# Flat Screen TV's



## zulurita (May 9, 2005)

I do have a flat screen tv, a Thompson's, however in the new mh it will need to be mounted on a bracket which I do not think this tv has holes for. It just has a built in stand which is a shame as I do not otherwise need to change it.

However as the 12v socket is rated at 4 amps on the new mh I wondered about a new tv and which would be best with a low amp requirement. I do have the current one linked to Oyster auto satellite and a sky box. I did have a 10amp lead fitted from battery to 12v pont for tv on my current mh so might have the same done for the new one but if there is a good low amp tv that takes a wall bracket then I might change to that.

So does anyone know of a low amp flat screen tv that is suitable for a wall bracket. Thanks


----------



## exmusso (Jun 18, 2006)

*Flat Screen TV*

Hi Rita,

You may want a look at one of these. They do have a DVD player built in though.

I've got the TV handbook here and the spec says 48w - 4 amps.
It is mounted on a wall bracket in my motorhome.

SeViC

You can get these at caravan/motorhome dealers and obviously off E-Bay.

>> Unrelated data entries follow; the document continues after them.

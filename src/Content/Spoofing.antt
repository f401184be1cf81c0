-- ===== src/Content/Spoofing.antt =====
-- What a declared type and a name may hide: blocked extensions, and texts under other types.
use bytevault.Prelude.{
  Bool, true, false, not, ◌&&◌, ◌||◌, [], ◌∷◌, ◌≡◌, refl, sym, ◌∙◌, subst, arith, ◌↔◌, inl, inr,
  if◌then◌else◌, Bool-cases,
}
use bytevault.Prelude.Text.{Text, bytes, same, same_iff, member, has_prefix}
use bytevault.Content.{
  blocked_exts, octet_stream, zip, media_type, lower_ext, is_heic_type, is_heic_ext,
  is_text_or_code, is_media, validate_magic_bytes,
}

-- A test that fails on one text fails on what is the same.
same-false : (p : Text → Bool) (s t : Text) → p t ≡ false → p s ≡ true → same s t ≡ false
same-false p s t no_ yes_ = elim (Bool-cases (same s t)) [
  | inl e ↦
      let z : true ≡ false = sym yes_ ∙ subst (λ x. p x ≡ false) (sym ((same_iff s t).0 e)) no_ in
      absurd cc
  | inr e ↦ e
]

blocked-not_heic : (e : Text) → member e blocked_exts ≡ true → is_heic_ext e ≡ false
unfolding member same
blocked-not_heic e h =
    rw
      (
        same-false (λ x. member x blocked_exts) e (bytes ".heic") refl h,
        same-false (λ x. member x blocked_exts) e (bytes ".heif") refl h,
      )
      refl

if-true_iff : (b : Bool) → ((if b then true else false) ≡ true) ↔ (b ≡ true)
if-true_iff b = ground arith

-- A file with a blocked extension is accepted just when it is declared as HEIC or HEIF and its bytes
-- are detected as that or are not recognised.
pub blocked-validate :
    (detected declared name : Text)
    → member (lower_ext name) blocked_exts ≡ true
    → (validate_magic_bytes detected declared name ≡ true) ↔ (
        (is_heic_type (media_type declared)
          && (same (media_type detected) octet_stream || is_heic_type (media_type detected)))
        ≡ true)
unfolding validate_magic_bytes
blocked-validate detected declared name h = rw (blocked-not_heic _ h, h) (if-true_iff _)

text-not_media : (s : Text) → has_prefix s (bytes "text/") ≡ true → is_media s ≡ false
unfolding has_prefix
text-not_media [] h = refl
text-not_media (c ∷ s) h = ground arith

-- The tests that are left when the bytes are a text.
remaining :
    (heic_ext heic blocked equal app code generic : Bool)
    → (if (heic_ext || heic) && false
        then true
        else not blocked
          && (equal
              || heic_ext && (heic || false)
              || app && false
              || false
              || code
              || (if generic then not blocked else false)))
      ≡ (not blocked && (equal || heic_ext && heic || code || generic))
remaining heic_ext heic blocked equal app code generic = ground arith

text-not :
    (s t : Text)
    → has_prefix t (bytes "text/") ≡ false
    → has_prefix s (bytes "text/") ≡ true
    → same s t ≡ false
text-not s t = same-false (λ x. has_prefix x (bytes "text/")) s t

-- Bytes that are detected as a text are accepted just when the extension is not blocked and the declared
-- type is the detected one, is that of a text or of code or is the generic one, or the file is
-- declared as HEIC or HEIF by type and extension both.
pub text-validate :
    (detected declared name : Text)
    → has_prefix (media_type detected) (bytes "text/") ≡ true
    → validate_magic_bytes detected declared name ≡ (
        not (member (lower_ext name) blocked_exts)
        && (same (media_type detected) (media_type declared)
            || is_heic_ext (lower_ext name) && is_heic_type (media_type declared)
            || is_text_or_code (media_type declared)
            || same (media_type declared) octet_stream))
unfolding validate_magic_bytes has_prefix
text-validate detected declared name h =
    rw
      (
        text-not (media_type detected) octet_stream refl h,
        text-not (media_type detected) zip refl h,
        text-not (media_type detected) (bytes "application/x-zip-compressed") refl h,
        text-not (media_type detected) (bytes "image/heic") refl h,
        text-not (media_type detected) (bytes "image/heif") refl h,
        text-not_media (media_type detected) h,
        h,
      )
      (search remaining)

Maybe Flo130 has now got one?

Hope this helps,

Cheers,
Alan


----------



## zulurita (May 9, 2005)

thanks Alan,

The 4 amps for 12v is right on the max for the 12v socket in the mh. have you had any issues with this?

thanks again.


----------



## Rapide561 (Oct 1, 2005)

*TV*

Hello

My TV is a 220 - 240V version, but I have used it via the inverter now and again.

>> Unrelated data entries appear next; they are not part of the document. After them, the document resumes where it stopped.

-- ===== src/Content/Tests.antt =====
-- Runs of the checks of types, and the theorems on concrete uploads.
use bytevault.Prelude.{true, false, not, ◌&&◌, ◌||◌, ◌≡◌, refl, ◌↔◌}
use bytevault.Prelude.Text.{
  Text, bytes, same, member, lower, trim_space, trim_left, trim_right, has_prefix, before_byte, ext,
  last_dot, has_byte,
}
use bytevault.Content.{
  blocked_exts, octet_stream, media_type, lower_ext, is_heic_type, is_heic_ext, is_text_or_code,
  is_supported, detect_heic_magic_bytes, validate_magic_bytes,
}
use bytevault.Content.Spoofing.{blocked-validate, text-validate}

abbrev jpeg : Text
jpeg = bytes "image/jpeg; q=1"

supported : is_supported (bytes "a.b/Photo.PNG") jpeg ≡ true
unfolding is_supported member same lower before_byte trim_space trim_left trim_right
supported = refl

heic : detect_heic_magic_bytes (bytes "0000ftypheic....") ≡ true
unfolding detect_heic_magic_bytes member same
heic = refl

-- An executable under the type of a picture.
disguised : validate_magic_bytes octet_stream (bytes "image/heic") (bytes "Setup.EXE") ≡ true
unfolding validate_magic_bytes same lower before_byte ext last_dot has_byte
disguised = refl

refused : validate_magic_bytes octet_stream octet_stream (bytes "Setup.EXE") ≡ false
unfolding validate_magic_bytes same lower before_byte ext last_dot has_byte member
refused = refl

blocked-validate_example :
    (validate_magic_bytes octet_stream (bytes "image/heic") (bytes "Setup.EXE") ≡ true) ↔ (
      (is_heic_type (media_type (bytes "image/heic"))
        && (same (media_type octet_stream) octet_stream || is_heic_type (media_type octet_stream)))
      ≡ true)
unfolding same lower before_byte ext last_dot has_byte member
blocked-validate_example =
    blocked-validate octet_stream (bytes "image/heic") (bytes "Setup.EXE") refl

abbrev script : Text
script = bytes "app.apk"

text-validate_example :
    validate_magic_bytes (bytes "text/plain; charset=utf-8") (bytes "application/json") script ≡ (
      not (member (lower_ext script) blocked_exts)
      && (same
            (media_type (bytes "text/plain; charset=utf-8"))
            (media_type (bytes "application/json"))
          || is_heic_ext (lower_ext script) && is_heic_type (media_type (bytes "application/json"))
          || is_text_or_code (media_type (bytes "application/json"))
          || same (media_type (bytes "application/json")) octet_stream))
unfolding has_prefix lower before_byte
text-validate_example =
    text-validate (bytes "text/plain; charset=utf-8") (bytes "application/json") script refl
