-- ===== src/Ephemeral.antt =====
-- Ephemeral shares, files of guests that destroy themselves: internal/model/ephemeral_share.go and
-- the state of internal/service/ephemeral_service.go. The statements on the table are in Repository,
-- the methods of the service in Upload and Download, the scheduler's purge in Purge.
pub mod Repository
pub mod Upload
pub mod Download
pub mod Purge
pub mod Listing
pub mod Change
pub mod Quiet
pub mod Calls
pub mod Writes
pub mod Refines
pub mod RefinesDownload
pub mod RefinesPurge
pub mod Lifecycle
pub mod Gone
pub mod Bounds
pub mod Answers
pub mod Race
pub mod Purged
pub mod Targets
pub mod Completion
pub mod Limits
pub mod Preview
pub mod Progress
mod Samples
mod Tests
use Prim.Native.String.{String}
use bytevault.Prelude.{ℕ, ◌+◌, ◌*◌, ◌/◌, Bool, Option, none, some, List, [], ◌∷◌}
use bytevault.Prelude.Action.{Action}

-- The texts of the column `status`.
pub data Status : Type 0 where
  uploading active ready burned expired : Status

-- Sizes are positive, since the handlers refuse others; times are nanoseconds.
pub record Share : Type 0 where
  pub id : ℕ
  pub token : ℕ
  pub storage_key : ℕ
  pub upload_id : Option ℕ
  pub filename : ℕ
  pub file_size : ℕ
  pub content_type : String
  pub status : Status
  pub max_downloads : ℕ
  pub download_count : ℕ
  pub ip_address : Option ℕ
  pub user_agent : Option ℕ
  pub password_hash : Option ℕ
  pub expires_at : ℕ
  pub is_live : Bool
  pub created_at : ℕ
  pub burned_at : Option ℕ

-- `MaxFileSizeGb` is a float; it is kept in bytes, that is in units of 2^-30 GB.
pub record Settings : Type 0 where
  pub max_file_size : ℕ
  pub max_downloads : ℕ
  pub rate_limit : ℕ
  pub expiry_minutes : ℕ

pub record LiveProgress : Type 0 where
  pub progress_pct : ℕ
  pub uploaded_bytes : ℕ
  pub updated_at : ℕ

-- A presigned URL, by what it permits and for how long.
pub data Url : Type 0 where
  put_object : ℕ → ℕ → Url
  put_part : ℕ → ℕ → ℕ → ℕ → Url
  get_object : ℕ → ℕ → Url

-- The calls of the storage provider that change what it holds.
pub data StorageCall : Type 0 where
  delete : ℕ → StorageCall
  delete_after : ℕ → ℕ → StorageCall
  initiate_multipart : ℕ → StorageCall
  complete_multipart : ℕ → ℕ → StorageCall
  abort_multipart : ℕ → ℕ → StorageCall

-- The tables, the service's memory, and the calls made to the storage, last first.
pub record Db : Type 0 where
  pub settings : Option Settings
  pub shares : List Share
  pub next_id : ℕ
  pub progress : ℕ → Option LiveProgress
  pub calls : List StorageCall
  pub egress : List (ℕ × ℕ)

pub data Error : Type 0 where
  not_found query_failed storage_failed too_large rate_limited bad_part_count : Error
  bad_part_number not_uploading wrong_session oversize still_uploading bad_password : Error

abbrev pub Service : Type 0 → Type 0
Service A = Action Error Db A

-- What the methods take from outside: random tokens, bcrypt, the storage's answers, and the layout of
-- a storage key.
pub record Env : Type 0 where
  pub token : ℕ
  pub hash_password : ℕ → Option ℕ
  pub check_password : ℕ → ℕ → Bool
  pub object_size : ℕ → ℕ
  pub new_upload_id : ℕ
  pub key_of : ℕ → ℕ → ℕ

abbrev pub minute : ℕ
minute = 60_000_000_000

abbrev pub gib : ℕ
gib = 1024 * 1024 * 1024

abbrev pub default_settings : Settings
default_settings = record {
  max_file_size = 2 * gib;
  max_downloads = 1;
  rate_limit = 50;
  expiry_minutes = 60;
}

-- The hard limit on a stored object, 2 GB.
abbrev pub max_allowed_limit : ℕ
max_allowed_limit = 2 * gib

abbrev pub max_parts_allowed : ℕ
max_parts_allowed = 2000
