-- ===== src/Ephemeral/Repository.antt =====
-- internal/repository/ephemeral_share_repository.go and ephemeral_setting_repository.go.
use bytevault.Prelude.{
  ℕ, suc, ◌+◌, ◌*◌, Bool, true, false, ◌&&◌, Option, none, some, ◌∷◌, ltb, leb, ◌==◌, if◌then◌else◌,
  is_some, points_to,
}
use bytevault.Prelude.Table.{find?, update, count_where, select}
use bytevault.Prelude.Table
use bytevault.Prelude.Action.{
  ok, err, Result, pure, query, attempt, effect, or_raise, modify, ◌>>=◌,
}
use bytevault.Ephemeral.{
  Status, uploading, active, ready, burned, expired, Share, Settings, Url, StorageCall, Db, Error,
  not_found, query_failed, storage_failed, Service, minute, default_settings,
}

abbrev pub is_uploading : Status → Bool
is_uploading uploading = true
is_uploading _ = false

abbrev pub is_active : Status → Bool
is_active active = true
is_active _ = false

abbrev pub is_burned : Status → Bool
is_burned burned = true
is_burned _ = false

abbrev pub is_expired : Status → Bool
is_expired expired = true
is_expired _ = false

-- status IN ('ACTIVE', 'READY', 'UPLOADING')
abbrev pub is_open : Status → Bool
is_open active = true
is_open ready = true
is_open uploading = true
is_open _ = false

abbrev pub settings_or_default : Option Settings → Settings
settings_or_default none = default_settings
settings_or_default (some s) = s

abbrev on_failure_default : Result Error Settings → Settings
on_failure_default (ok s) = s
on_failure_default (err e) = default_settings

-- `GetSettings`: a failed query reads as the defaults, so the caller sees no error.
unfoldable pub get_settings : Service Settings
get_settings = do
  found ← attempt (query query_failed (λ now d. (settings_or_default d.settings, d)))
  pure (on_failure_default found)

unfoldable pub update_settings : Settings → Service Unit
update_settings s = query query_failed (λ now d. (tt, record d { settings = some s }))

-- `Create`: the token is unique; the row gets its id and creation time.
abbrev pub stored : Share → ℕ → ℕ → Share
stored s id now = record s { id = id; created_at = now }

abbrev pub insert_row : Share → ℕ → Db → Option Share × Db
insert_row s now d = if is_some (find? (λ r. r.token == s.token) d.shares) then (none, d) else (
  some (stored s d.next_id now),
  record d { shares = stored s d.next_id now ∷ d.shares; next_id = suc d.next_id },
)

unfoldable pub create : Share → Service Share
create s = do row ← query query_failed (insert_row s); or_raise row query_failed

unfoldable pub find_by_token : ℕ → Service Share
find_by_token token = do
  row ← query query_failed (λ now d. (find? (λ r. r.token == token) d.shares, d))
  or_raise row not_found

unfoldable pub update_status : ℕ → Status → Service Unit
update_status token status = query query_failed λ now d. (
  tt,
  record d { shares = update (λ r. r.token == token) (λ r. record r { status = status }) d.shares },
)

unfoldable pub delete_by_token : ℕ → Service Unit
delete_by_token token =
    query query_failed
      λ now d. (tt, record d { shares = Table.delete (λ r. r.token == token) d.shares })

abbrev pub count_download : Share → Share
count_download r = record r { download_count = r.download_count + 1 }

abbrev pub count_row : ℕ → ℕ → Db → Option Share × Db
count_row id now d = (
  find? (λ r. r.id == id) d.shares,
  record d { shares = update (λ r. r.id == id) count_download d.shares },
)

-- The new count, and whether the share has reached its maximum.
abbrev pub burn_test : Share → ℕ × Bool
burn_test before = (before.download_count + 1, leb before.max_downloads (before.download_count + 1))

-- `IncrementDownloadAndCheckBurn`; the row returned by the query is the row before it.
unfoldable pub increment_download_and_check_burn : ℕ → Service (ℕ × Bool)
increment_download_and_check_burn id = do
  row ← query query_failed (count_row id)
  before ← or_raise row query_failed
  pure (burn_test before)

abbrev pub burn_row : ℕ → ℕ → Db → Unit {0} × Db
burn_row id now d = (
  tt,
  record d {
    shares =
        update (λ r. r.id == id) (λ r. record r { status = burned; burned_at = some now }) d.shares;
  },
)

unfoldable pub mark_burned : ℕ → Service Unit
mark_burned id = query query_failed (burn_row id)

abbrev pub day : ℕ
day = 24 * 60 * minute

unfoldable pub count_uploads_by_ip_in_window : ℕ → Service ℕ
count_uploads_by_ip_in_window ip = query query_failed λ now d.
    (count_where (λ r. points_to r.ip_address ip && ltb now (r.created_at + day)) d.shares, d)

-- UPDATE ... SET status = 'EXPIRED' WHERE status IN (...) AND expires_at < NOW()
unfoldable pub expire_past_due : Service Unit
expire_past_due = query query_failed λ now d. (
  tt,
  record d {
    shares =
        update (λ r. is_open r.status && ltb r.expires_at now) (λ r. record r { status = expired })
          d.shares;
  },
)

-- A call of the storage provider.
unfoldable pub storage_call : StorageCall → Service Unit
storage_call c = effect storage_failed (λ now d. record d { calls = c ∷ d.calls })

-- A presigned URL is computed; the storage does not change.
unfoldable pub presign : Url → Service Url
presign u = query storage_failed (λ now d. (u, d))

unfoldable pub forget_progress : ℕ → Service Unit
forget_progress token =
    modify λ now d. (tt, record d { progress = λ t. if t == token then none else d.progress t })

When using via the invertor, I notice the Sky signal is a lot worse than with mains hook up.

Presumably there is a reason for this...

Russell


----------



## exmusso (Jun 18, 2006)

*Flat Screen TV*

Hi Rita,

No problems with the socket but TV normally used when on hook-up and the battery charger kicks in fairly frequently.

The TV also comes with an A/C adaptor of 100v - 250v input and 12v output.

Cheers,
Alan


----------



## Motorhomersimpson (May 9, 2005)

Hi Rita,

I'm guessing you have the same Thompson as I (see picture below) and you will not be able to wall mount it, even if you take off the stand.

The reason I say this is most LCD have what is called the VESA standard best explained in the link http://ergonomics.comrac.co.uk/main.asp?pid=219 . This Thompson does not have this standard.

Make sure whatever LCD you buy has the VESA standard otherwise you will not find a bracket to fit, they will state this in the sales info and most will be 75mm but 100mm is ok.

I have only come across the Thompson having no Vesa standard, so you should have no problem.










MHS...Rob


----------



## 103066 (Feb 20, 2007)

*Re: Flat Screen TV*



exmusso said:


> You can get these at caravan/motorhome dealers and obviously off E-Bay. Maybe Flo130 has now got one?
> Hope this helps,
> Cheers,
> Alan


Hi Rita,

I have a new 17" Sevic on it's way, coming tomorrow. If you are after one of these I got mine from Ebay, as a buy it now or best offer. The seller accepted my offer of £40 less than asking price. 
If you want we can give you a review later in week...

Cheers

Kerry


----------



## gaspode (May 9, 2005)

Hi Rita

Four amps at 12v is quite a reasonable figure for a 15" screen TV. You're not likely to improve much on this figure. On flat screen TVs, it's the screen area that principally governs the current used so to reduce your current consumption you would need to reduce the screen size.

Hope you got a decent battery for that 17" Florrie. :wink:


----------



## 103066 (Feb 20, 2007)

gaspode said:


> Hope you got a decent battery for that 17" Florrie. :wink:


Aye, but most TV programmes only last half hour! :wink: :wink:


----------



## zulurita (May 9, 2005)

Thanks everyone.

Yes Rob it is the Thompson one you pictured, I had a sinking feeling I would have to buy a new TV. What a pity the new Auto-Trail doesn't have a tv cupboard, the Cheyenne 660 that is. I noticed it had a bracket attached to the wardrobe at the bottom of the bed and A/T say one can be put on the panel by the door entrance (which I think is not a good idea when you are going in and out and will be on view!) This is the main thing I do not like about the new mh. Yes it does have the pull down monitor at the front and freeview box in cupboard where the charger is and most likely we will use this in the UK but for trips abroad we want our satellite transferred over and so not liking the position by the door will have to use the one by the bed and watch films etc in bed!!! I would however prefer something better.

Thanks Kerry,
Yes please I would like a report but am wondering if a 17" will be too big! anyway I have plenty of time to see what flat screen tv's are available or what options are available to continue to use current one.


----------